Take every line from the listing below that includes "positive" and copy it.

====

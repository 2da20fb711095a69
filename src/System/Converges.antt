-- ===== src/System/Converges.antt =====
-- An address that one instance blocks, at an instance whose watch is connected again and again.
use open_blocklist.Base.{
  ℕ, suc, ◌+◌, ◌<◌, ◌^◌, Bytes, some, none, Bool, true, false, List, [], ◌∷◌, ◌++◌, All, str_eq,
  str_eq_refl, if◌then◌else◌, ◌≡◌, ◌≢◌, refl, sym, ap, ◌∙◌, false≢true,
}
use mathlib.Core.Option.{none-ne-some}
use open_blocklist.Base.Int.{ℤ, pos}
use open_blocklist.Base.Dict.{lookup}
use open_blocklist.State.{App, BlockEntry, BlockRecord, Go, EtcdRequest, kv_put, is_expired}
use open_blocklist.Http.{Request, entry_body}
use open_blocklist.Read.{handle_auth}
use open_blocklist.Read.Agree.{handle_auth_status, listed_entry}
use open_blocklist.Write.{handle_put, block_record}
use open_blocklist.Etcd.{WatchRequest}
use open_blocklist.Etcd.Mirror.{parsed_quad, dotted-nonempty}
use open_blocklist.Etcd.Replica.{
  Address, IsAddress, text_of, key_of, Change, put_at, delete_at, elsewhere, View, update,
  update_all, revised, event_for,
}
use open_blocklist.Etcd.Reconnect.{Connection, watch_loop}
use open_blocklist.Etcd.Reconnect.History.{changes, upto, Ascending}
use open_blocklist.Etcd.Reconnect.Watched.{IsStep, Serves, ServesAll}
use open_blocklist.Etcd.Reconnect.Entries.{entries, update_all-append, watch_loop-catches_up}
use open_blocklist.System.Elsewhere.{event_of, put_posts}

-- A change that is not one of the address.
abbrev pub IsApart : Address → ℕ × Change → Type 0
IsApart x (n, put_at y e cr mr) = str_eq (text_of y) (text_of x) ≡ false
IsApart x (n, delete_at y) = str_eq (text_of y) (text_of x) ≡ false
IsApart x (n, elsewhere ev) = Unit

update-other :
    (x : Address) (n : ℕ) (c : Change) (m : View)
    → IsApart x (n, c)
    → update c m (text_of x) ≡ m (text_of x)
update-other x n (put_at y e cr mr) m h = rw h refl
update-other x n (delete_at y) m h = rw h refl
update-other x n (elsewhere ev) m h = refl

pub update_all-others :
    (x : Address) (h : List (ℕ × Change)) (m : View)
    → All (IsApart x) h
    → update_all (changes h) m (text_of x) ≡ m (text_of x)
update_all-others x [] m o = refl
update_all-others x ((n, c) ∷ h) m (o, os) =
    update_all-others x h (update c m) os ∙ update-other x n c m o

changes-append : (g h : List (ℕ × Change)) → changes (g ++ h) ≡ changes g ++ changes h
changes-append [] h = refl
changes-append ((n, c) ∷ g) h = ap (λ cs. c ∷ cs) (changes-append g h)

-- The last change of an address decides what is found under it.
last-decides :
    (x : Address) (e : BlockEntry) (cr mr : ℤ) (i : ℕ) (before later : List (ℕ × Change)) (m : View)
    → All (IsApart x) later
    → update_all (changes (before ++ (i, put_at x e cr mr) ∷ later)) m (text_of x)
      ≡ some (revised x e cr mr)
last-decides x e cr mr i before later m others =
    ap (λ cs. update_all cs m (text_of x)) (changes-append before ((i, put_at x e cr mr) ∷ later))
    ∙ ap (λ (v : View). v (text_of x))
        (update_all-append (changes before) (put_at x e cr mr ∷ changes later) m)
    ∙ update_all-others x later (update (put_at x e cr mr) (update_all (changes before) m)) others
    ∙ rw (str_eq_refl (text_of x)) refl

module _ (go : Go) (decode_encode : (s : Bytes) → go.b64d (go.b64 s) ≡ s)
    (unmarshal_marshal : (r : BlockRecord) → go.unmarshal_record (go.marshal_record r) ≡ (r, true))
    (reads : (y : Address)
      → IsAddress y
      → go.parse_ip (text_of y) ≡ some (parsed_quad y.a y.b y.c y.d)) where
  pub readable : (y : Address) → IsAddress y → go.parse_ip (text_of y) ≢ none
  readable y h n = absurd (none-ne-some _ (sym n ∙ reads y h))

  found-forbids :
      (x : Address) (t : ℕ → ℤ) (r : Request) (app : App) (e : BlockEntry)
      → IsAddress x
      → r.ip ≡ text_of x
      → lookup (text_of x) app.ip_table ≡ some e
      → is_expired e.expiration (t 0) ≡ false
      → (handle_auth go t r app).1.status ≡ 403
  unfolding str_eq
  found-forbids x t r app e hx at found live =
      let nonempty : r.ip ≢ [] = λ n.
        false≢true (sym (dotted-nonempty x.a x.b x.c x.d) ∙ ap (λ s. str_eq s []) (sym at ∙ n)) in
      handle_auth_status go t r (parsed_quad x.a x.b x.c x.d) app nonempty
        (ap go.parse_ip at ∙ reads x hx)
      ∙ ap (λ (b : Bool). if b then 403 else 200)
          (listed_entry go t r.ip (parsed_quad x.a x.b x.c x.d) app e
            (ap (λ k. lookup k app.ip_table) at ∙ found) live)

  -- If base64 and JSON decode what they encoded and net.ParseIP reads the dotted text of every
  -- address as that address: a PUT on the address x that is answered with 200 and the entry `e`, in
  -- either mode, posts a request to etcd whose event is that of the change (x, `e`). Let this
  -- change stand in etcd's history of changes, with later ones only of other IPv4 addresses or of
  -- keys from which the watch reads no address (the key of an IPv6 address whose last four digits are
  -- decimal is read as an IPv4 address), and let another instance follow this history with its watch
  -- of the addresses, from the table of a revision, through any number of connections that break,
  -- none of them while a change is left unsent whose revision has been announced, and then one on
  -- which all is sent, with no line of its other watch in between. Then it forbids x (403), at every
  -- time at which `e` has not expired.
  pub put_converges :
      (x : Address) (t t' : ℕ → ℤ) (r r' : Request) (app follower : App) (e : BlockEntry)
      (cr mr : ℤ)
      → IsAddress x
      → r.ip ≡ text_of x
      → r'.ip ≡ text_of x
      → (handle_put go t r app).1.status ≡ 200
      → (handle_put go t r app).1.body ≡ entry_body e
      → is_expired e.expiration (t' 0) ≡ false
      → (before later : List (ℕ × Change)) (i : ℕ) → All (IsApart x) later
      → (etcd : ℕ → WatchRequest → Connection) (n rev base : ℕ) (m : View)
      → ((j : ℕ)
          → Serves go
              (entries go decode_encode unmarshal_marshal readable)
              (before ++ (i, put_at x e cr mr) ∷ later)
              (etcd j))
      → ServesAll go
          (entries go decode_encode unmarshal_marshal readable)
          (before ++ (i, put_at x e cr mr) ∷ later)
          (etcd n)
      → Ascending base (before ++ (i, put_at x e cr mr) ∷ later)
      → All
          (IsStep go (entries go decode_encode unmarshal_marshal readable))
          (before ++ (i, put_at x e cr mr) ∷ later)
      → 0 < rev
      → rev + 1 < 2 ^ 63
      → follower.revision ≡ pos rev
      → ((k : Bytes)
          → lookup k follower.ip_table
            ≡ update_all (upto rev (before ++ (i, put_at x e cr mr) ∷ later)) m k)
      → (posted reverse : EtcdRequest) × ((handle_put go t r app).0.requests
          ≡ app.requests ++ (posted ∷ reverse ∷ []))
        × (event_for go (put_at x e cr mr) ≡ event_of cr mr posted)
        × ((handle_auth go t' r' (watch_loop go etcd (suc n) follower)).1.status ≡ 403)
  put_converges x t t' r r' app follower e cr mr hx at at' done body live before later i others etcd
        n rev base m serves all asc steps positive fits known same =
      let (reverse, requests) = put_posts go x.a x.b x.c x.d (reads x hx) t r app e at done body in
      (
        kv_put (go.b64 (key_of x)) (go.b64 (go.marshal_record (block_record e))),
        reverse,
        requests,
        refl,
        found-forbids x t' r' (watch_loop go etcd (suc n) follower) (revised x e cr mr) hx at'
            (watch_loop-catches_up go decode_encode unmarshal_marshal readable
                (before ++ (i, put_at x e cr mr) ∷ later) etcd n rev base m follower serves all asc
                steps positive fits known same (text_of x)
              ∙ last-decides x e cr mr i before later m others)
            live,
      )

====

Finished exercise:
        n rev base m serves all asc steps positive fits known same =
                steps positive fits known same (text_of x)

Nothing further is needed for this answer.